[[ Data supplied, beginning ]]

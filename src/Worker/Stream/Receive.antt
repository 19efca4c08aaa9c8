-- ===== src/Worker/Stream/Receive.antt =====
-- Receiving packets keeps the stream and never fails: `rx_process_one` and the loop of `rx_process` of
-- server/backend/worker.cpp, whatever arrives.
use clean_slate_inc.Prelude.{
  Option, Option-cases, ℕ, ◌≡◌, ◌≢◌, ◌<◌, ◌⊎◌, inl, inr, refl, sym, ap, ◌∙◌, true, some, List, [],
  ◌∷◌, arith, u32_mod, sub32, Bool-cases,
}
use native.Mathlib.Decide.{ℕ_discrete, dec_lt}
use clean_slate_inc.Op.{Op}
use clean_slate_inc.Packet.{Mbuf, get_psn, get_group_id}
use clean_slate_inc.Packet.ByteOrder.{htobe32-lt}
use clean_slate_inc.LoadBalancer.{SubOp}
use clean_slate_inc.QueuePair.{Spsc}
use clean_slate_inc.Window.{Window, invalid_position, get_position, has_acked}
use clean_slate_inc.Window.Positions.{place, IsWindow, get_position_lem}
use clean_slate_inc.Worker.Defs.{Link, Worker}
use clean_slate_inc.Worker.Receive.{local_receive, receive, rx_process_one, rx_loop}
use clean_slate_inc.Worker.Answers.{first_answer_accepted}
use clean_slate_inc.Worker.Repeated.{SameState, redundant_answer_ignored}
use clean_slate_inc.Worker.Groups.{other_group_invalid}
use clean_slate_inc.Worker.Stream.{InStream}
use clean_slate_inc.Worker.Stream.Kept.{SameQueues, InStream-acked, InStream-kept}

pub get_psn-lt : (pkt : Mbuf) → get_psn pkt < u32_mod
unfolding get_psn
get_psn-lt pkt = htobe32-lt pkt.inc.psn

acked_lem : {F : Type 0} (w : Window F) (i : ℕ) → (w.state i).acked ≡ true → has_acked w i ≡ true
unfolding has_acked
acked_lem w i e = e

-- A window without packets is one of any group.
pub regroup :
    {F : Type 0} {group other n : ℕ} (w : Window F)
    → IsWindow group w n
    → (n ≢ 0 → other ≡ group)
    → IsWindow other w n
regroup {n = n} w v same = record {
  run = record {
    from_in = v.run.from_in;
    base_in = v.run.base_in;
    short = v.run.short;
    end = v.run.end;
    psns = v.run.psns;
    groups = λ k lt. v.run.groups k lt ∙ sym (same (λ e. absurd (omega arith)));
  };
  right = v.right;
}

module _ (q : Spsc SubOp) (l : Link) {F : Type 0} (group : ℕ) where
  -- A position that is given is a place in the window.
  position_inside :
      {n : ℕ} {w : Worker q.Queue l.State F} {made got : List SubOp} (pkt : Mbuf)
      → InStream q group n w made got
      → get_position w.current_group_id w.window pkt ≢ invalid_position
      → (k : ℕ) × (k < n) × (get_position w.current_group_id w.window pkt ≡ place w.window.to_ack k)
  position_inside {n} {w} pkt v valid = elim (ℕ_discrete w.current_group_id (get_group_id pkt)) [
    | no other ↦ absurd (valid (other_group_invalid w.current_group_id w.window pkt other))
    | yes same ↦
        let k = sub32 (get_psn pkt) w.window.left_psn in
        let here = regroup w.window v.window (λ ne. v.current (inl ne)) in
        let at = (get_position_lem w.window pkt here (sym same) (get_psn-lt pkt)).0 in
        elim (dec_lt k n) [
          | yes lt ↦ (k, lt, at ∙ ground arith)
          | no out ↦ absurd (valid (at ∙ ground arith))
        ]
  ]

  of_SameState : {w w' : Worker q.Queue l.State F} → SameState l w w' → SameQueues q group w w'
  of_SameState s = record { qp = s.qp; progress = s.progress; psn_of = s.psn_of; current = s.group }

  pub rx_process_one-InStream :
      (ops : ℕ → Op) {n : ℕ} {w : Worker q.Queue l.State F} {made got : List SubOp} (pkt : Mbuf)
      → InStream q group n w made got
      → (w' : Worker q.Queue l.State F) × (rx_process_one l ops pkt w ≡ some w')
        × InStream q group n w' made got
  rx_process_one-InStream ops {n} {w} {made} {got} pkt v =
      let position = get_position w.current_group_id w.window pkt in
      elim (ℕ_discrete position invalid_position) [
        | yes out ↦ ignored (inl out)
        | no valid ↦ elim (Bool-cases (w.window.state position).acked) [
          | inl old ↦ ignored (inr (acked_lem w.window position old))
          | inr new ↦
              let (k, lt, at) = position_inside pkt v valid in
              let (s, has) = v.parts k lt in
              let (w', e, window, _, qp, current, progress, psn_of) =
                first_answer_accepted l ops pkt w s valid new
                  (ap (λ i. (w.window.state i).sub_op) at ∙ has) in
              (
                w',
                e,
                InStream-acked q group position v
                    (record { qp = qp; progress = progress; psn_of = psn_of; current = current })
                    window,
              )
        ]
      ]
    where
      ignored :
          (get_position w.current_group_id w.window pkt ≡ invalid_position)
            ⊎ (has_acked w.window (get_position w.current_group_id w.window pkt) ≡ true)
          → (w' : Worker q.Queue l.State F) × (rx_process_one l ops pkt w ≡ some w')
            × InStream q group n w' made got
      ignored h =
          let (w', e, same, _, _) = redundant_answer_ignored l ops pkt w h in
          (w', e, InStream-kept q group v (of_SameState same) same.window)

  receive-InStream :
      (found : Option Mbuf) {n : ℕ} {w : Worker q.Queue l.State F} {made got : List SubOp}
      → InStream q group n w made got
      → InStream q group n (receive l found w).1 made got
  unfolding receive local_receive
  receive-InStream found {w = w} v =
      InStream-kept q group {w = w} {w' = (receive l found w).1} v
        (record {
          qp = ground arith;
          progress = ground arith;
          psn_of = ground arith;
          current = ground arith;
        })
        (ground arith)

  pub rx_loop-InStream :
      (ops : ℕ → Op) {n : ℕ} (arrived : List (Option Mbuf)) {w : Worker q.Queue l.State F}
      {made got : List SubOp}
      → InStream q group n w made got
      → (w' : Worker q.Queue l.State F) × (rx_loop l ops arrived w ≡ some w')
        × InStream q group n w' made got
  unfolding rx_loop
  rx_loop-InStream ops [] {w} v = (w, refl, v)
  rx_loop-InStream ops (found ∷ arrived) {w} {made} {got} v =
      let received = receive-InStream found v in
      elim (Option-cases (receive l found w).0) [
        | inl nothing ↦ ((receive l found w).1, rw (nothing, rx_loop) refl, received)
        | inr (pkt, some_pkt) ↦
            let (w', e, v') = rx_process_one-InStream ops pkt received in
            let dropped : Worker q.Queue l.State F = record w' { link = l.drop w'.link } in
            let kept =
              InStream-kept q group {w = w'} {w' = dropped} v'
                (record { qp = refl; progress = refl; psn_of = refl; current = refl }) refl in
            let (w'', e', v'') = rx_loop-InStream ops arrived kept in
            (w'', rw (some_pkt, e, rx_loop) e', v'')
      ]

[[ Data supplied, end ]]
[[ Data supplied, beginning ]]

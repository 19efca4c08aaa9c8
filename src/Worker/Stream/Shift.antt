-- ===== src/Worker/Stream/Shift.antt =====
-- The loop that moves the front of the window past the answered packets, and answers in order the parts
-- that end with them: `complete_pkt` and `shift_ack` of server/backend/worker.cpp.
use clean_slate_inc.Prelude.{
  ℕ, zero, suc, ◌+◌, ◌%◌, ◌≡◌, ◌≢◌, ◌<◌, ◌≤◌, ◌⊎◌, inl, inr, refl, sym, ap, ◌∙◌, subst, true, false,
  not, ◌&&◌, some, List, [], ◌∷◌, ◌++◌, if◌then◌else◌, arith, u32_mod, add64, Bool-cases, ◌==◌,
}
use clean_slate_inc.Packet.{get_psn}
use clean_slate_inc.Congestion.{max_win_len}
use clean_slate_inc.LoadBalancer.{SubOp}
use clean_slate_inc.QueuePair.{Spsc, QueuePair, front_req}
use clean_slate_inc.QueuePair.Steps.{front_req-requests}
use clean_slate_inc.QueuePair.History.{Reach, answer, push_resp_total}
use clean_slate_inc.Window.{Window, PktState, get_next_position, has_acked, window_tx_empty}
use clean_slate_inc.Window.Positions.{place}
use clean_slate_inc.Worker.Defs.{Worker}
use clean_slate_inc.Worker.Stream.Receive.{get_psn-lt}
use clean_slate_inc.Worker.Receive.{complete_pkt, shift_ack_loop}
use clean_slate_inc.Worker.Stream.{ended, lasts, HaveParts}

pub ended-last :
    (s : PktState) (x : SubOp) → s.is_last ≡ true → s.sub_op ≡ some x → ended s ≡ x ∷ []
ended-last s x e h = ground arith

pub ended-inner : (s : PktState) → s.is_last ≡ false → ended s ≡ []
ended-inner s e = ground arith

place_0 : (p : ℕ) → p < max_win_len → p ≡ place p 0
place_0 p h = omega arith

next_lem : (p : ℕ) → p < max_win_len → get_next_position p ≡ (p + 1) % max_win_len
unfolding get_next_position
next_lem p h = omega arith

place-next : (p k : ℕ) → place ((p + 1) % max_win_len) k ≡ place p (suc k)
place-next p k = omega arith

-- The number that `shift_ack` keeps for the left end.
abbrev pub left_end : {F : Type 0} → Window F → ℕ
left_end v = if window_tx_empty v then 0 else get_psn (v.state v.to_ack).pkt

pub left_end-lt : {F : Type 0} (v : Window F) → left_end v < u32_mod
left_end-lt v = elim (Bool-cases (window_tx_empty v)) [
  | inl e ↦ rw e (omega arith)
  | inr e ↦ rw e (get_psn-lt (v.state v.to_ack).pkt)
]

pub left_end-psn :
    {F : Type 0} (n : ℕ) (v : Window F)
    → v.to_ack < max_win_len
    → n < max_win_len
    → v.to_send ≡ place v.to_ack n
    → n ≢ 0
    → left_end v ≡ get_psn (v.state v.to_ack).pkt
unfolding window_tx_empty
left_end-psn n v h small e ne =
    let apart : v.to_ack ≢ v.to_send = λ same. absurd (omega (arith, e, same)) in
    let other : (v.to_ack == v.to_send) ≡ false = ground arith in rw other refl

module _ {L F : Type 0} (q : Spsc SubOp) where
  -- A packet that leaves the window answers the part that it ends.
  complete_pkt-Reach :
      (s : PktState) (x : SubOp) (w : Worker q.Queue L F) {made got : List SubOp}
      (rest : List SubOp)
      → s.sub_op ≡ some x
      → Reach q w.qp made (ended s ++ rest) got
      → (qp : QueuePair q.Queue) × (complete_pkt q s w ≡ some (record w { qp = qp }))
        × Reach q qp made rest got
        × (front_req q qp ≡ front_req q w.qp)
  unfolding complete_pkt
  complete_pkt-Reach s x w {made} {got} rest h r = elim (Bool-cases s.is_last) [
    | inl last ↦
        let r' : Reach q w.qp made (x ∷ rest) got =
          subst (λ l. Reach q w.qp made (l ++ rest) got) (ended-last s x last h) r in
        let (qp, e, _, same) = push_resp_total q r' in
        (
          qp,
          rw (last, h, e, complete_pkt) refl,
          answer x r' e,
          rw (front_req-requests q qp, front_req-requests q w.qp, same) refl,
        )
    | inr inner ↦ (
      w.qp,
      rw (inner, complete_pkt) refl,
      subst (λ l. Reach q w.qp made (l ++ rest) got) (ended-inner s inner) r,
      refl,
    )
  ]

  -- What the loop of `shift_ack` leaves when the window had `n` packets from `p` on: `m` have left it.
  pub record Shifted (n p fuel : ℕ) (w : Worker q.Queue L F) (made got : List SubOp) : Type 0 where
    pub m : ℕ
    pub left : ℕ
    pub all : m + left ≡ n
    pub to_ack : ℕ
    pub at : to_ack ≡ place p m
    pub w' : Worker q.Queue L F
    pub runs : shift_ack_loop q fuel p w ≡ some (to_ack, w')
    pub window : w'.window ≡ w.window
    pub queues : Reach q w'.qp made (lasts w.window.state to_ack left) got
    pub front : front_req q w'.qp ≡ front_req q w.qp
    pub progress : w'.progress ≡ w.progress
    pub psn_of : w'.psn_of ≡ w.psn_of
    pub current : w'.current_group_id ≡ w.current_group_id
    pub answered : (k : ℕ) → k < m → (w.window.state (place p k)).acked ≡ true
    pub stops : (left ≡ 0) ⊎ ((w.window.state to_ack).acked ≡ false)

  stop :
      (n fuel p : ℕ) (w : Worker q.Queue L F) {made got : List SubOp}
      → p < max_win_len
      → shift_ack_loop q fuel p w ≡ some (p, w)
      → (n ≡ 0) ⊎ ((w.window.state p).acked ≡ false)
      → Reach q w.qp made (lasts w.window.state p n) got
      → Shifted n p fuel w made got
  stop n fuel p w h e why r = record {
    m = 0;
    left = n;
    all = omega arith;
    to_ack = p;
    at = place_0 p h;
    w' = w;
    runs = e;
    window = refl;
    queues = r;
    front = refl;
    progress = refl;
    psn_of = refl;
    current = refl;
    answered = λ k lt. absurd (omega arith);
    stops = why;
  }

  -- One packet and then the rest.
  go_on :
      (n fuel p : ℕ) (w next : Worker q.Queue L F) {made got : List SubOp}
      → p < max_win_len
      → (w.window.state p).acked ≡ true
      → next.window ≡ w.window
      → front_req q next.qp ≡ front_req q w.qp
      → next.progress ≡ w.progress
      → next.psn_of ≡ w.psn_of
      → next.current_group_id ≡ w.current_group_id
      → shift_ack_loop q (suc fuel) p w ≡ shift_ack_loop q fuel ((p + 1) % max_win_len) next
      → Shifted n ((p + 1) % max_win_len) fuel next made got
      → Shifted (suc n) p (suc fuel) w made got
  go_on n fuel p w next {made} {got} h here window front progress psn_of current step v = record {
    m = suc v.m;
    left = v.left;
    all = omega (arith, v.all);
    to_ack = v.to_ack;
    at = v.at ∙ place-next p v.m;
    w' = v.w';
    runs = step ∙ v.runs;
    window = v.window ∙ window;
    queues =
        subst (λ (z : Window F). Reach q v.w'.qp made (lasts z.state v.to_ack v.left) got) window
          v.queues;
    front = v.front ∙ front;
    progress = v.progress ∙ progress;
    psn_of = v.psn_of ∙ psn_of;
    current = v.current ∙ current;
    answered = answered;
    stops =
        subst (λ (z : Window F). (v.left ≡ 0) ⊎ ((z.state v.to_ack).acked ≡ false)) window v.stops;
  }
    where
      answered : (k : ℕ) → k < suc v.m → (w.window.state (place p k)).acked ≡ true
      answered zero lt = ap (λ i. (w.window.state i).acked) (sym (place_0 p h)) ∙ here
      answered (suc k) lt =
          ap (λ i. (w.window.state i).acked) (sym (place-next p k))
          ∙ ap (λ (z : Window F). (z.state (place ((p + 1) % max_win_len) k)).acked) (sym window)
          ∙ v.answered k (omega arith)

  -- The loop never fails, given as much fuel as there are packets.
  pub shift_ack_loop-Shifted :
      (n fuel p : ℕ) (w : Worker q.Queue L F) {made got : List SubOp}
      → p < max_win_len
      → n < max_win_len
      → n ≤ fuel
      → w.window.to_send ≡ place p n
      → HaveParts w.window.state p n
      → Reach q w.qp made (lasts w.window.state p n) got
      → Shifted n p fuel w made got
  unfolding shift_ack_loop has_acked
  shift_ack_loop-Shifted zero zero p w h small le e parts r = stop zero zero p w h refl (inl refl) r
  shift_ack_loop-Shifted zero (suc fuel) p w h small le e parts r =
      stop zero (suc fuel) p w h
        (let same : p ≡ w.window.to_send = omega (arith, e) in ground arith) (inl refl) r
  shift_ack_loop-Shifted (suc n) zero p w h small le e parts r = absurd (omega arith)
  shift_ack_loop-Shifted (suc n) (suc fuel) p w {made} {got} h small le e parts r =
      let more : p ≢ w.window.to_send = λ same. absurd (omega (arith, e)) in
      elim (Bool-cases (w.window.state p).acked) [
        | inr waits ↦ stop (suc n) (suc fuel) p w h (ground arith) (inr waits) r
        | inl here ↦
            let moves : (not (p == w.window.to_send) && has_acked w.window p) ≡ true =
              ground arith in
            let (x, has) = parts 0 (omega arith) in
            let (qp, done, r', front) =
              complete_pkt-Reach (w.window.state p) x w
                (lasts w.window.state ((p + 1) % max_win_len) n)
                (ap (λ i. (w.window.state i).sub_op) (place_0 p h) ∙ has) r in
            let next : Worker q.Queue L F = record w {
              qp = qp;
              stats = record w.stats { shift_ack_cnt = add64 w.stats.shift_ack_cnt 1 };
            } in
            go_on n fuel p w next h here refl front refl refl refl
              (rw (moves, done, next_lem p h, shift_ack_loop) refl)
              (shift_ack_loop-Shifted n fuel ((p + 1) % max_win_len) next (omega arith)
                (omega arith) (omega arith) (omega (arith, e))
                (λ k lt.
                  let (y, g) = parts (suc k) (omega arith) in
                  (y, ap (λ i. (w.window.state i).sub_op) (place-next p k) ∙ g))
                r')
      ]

[[ Data supplied, end ]]

In the listing above, find the line with "complete_pkt-Reach s x" and the line with "pub current : w'.current_group_id"; set down exactly those two lines and every line between them, nothing more.

## Exercise response
  complete_pkt-Reach s x w {made} {got} rest h r = elim (Bool-cases s.is_last) [
    | inl last ↦
        let r' : Reach q w.qp made (x ∷ rest) got =
          subst (λ l. Reach q w.qp made (l ++ rest) got) (ended-last s x last h) r in
        let (qp, e, _, same) = push_resp_total q r' in
        (
          qp,
          rw (last, h, e, complete_pkt) refl,
          answer x r' e,
          rw (front_req-requests q qp, front_req-requests q w.qp, same) refl,
        )
    | inr inner ↦ (
      w.qp,
      rw (inner, complete_pkt) refl,
      subst (λ l. Reach q w.qp made (l ++ rest) got) (ended-inner s inner) r,
      refl,
    )
  ]

  -- What the loop of `shift_ack` leaves when the window had `n` packets from `p` on: `m` have left it.
  pub record Shifted (n p fuel : ℕ) (w : Worker q.Queue L F) (made got : List SubOp) : Type 0 where
    pub m : ℕ
    pub left : ℕ
    pub all : m + left ≡ n
    pub to_ack : ℕ
    pub at : to_ack ≡ place p m
    pub w' : Worker q.Queue L F
    pub runs : shift_ack_loop q fuel p w ≡ some (to_ack, w')
    pub window : w'.window ≡ w.window
    pub queues : Reach q w'.qp made (lasts w.window.state to_ack left) got
    pub front : front_req q w'.qp ≡ front_req q w.qp
    pub progress : w'.progress ≡ w.progress
    pub psn_of : w'.psn_of ≡ w.psn_of
    pub current : w'.current_group_id ≡ w.current_group_id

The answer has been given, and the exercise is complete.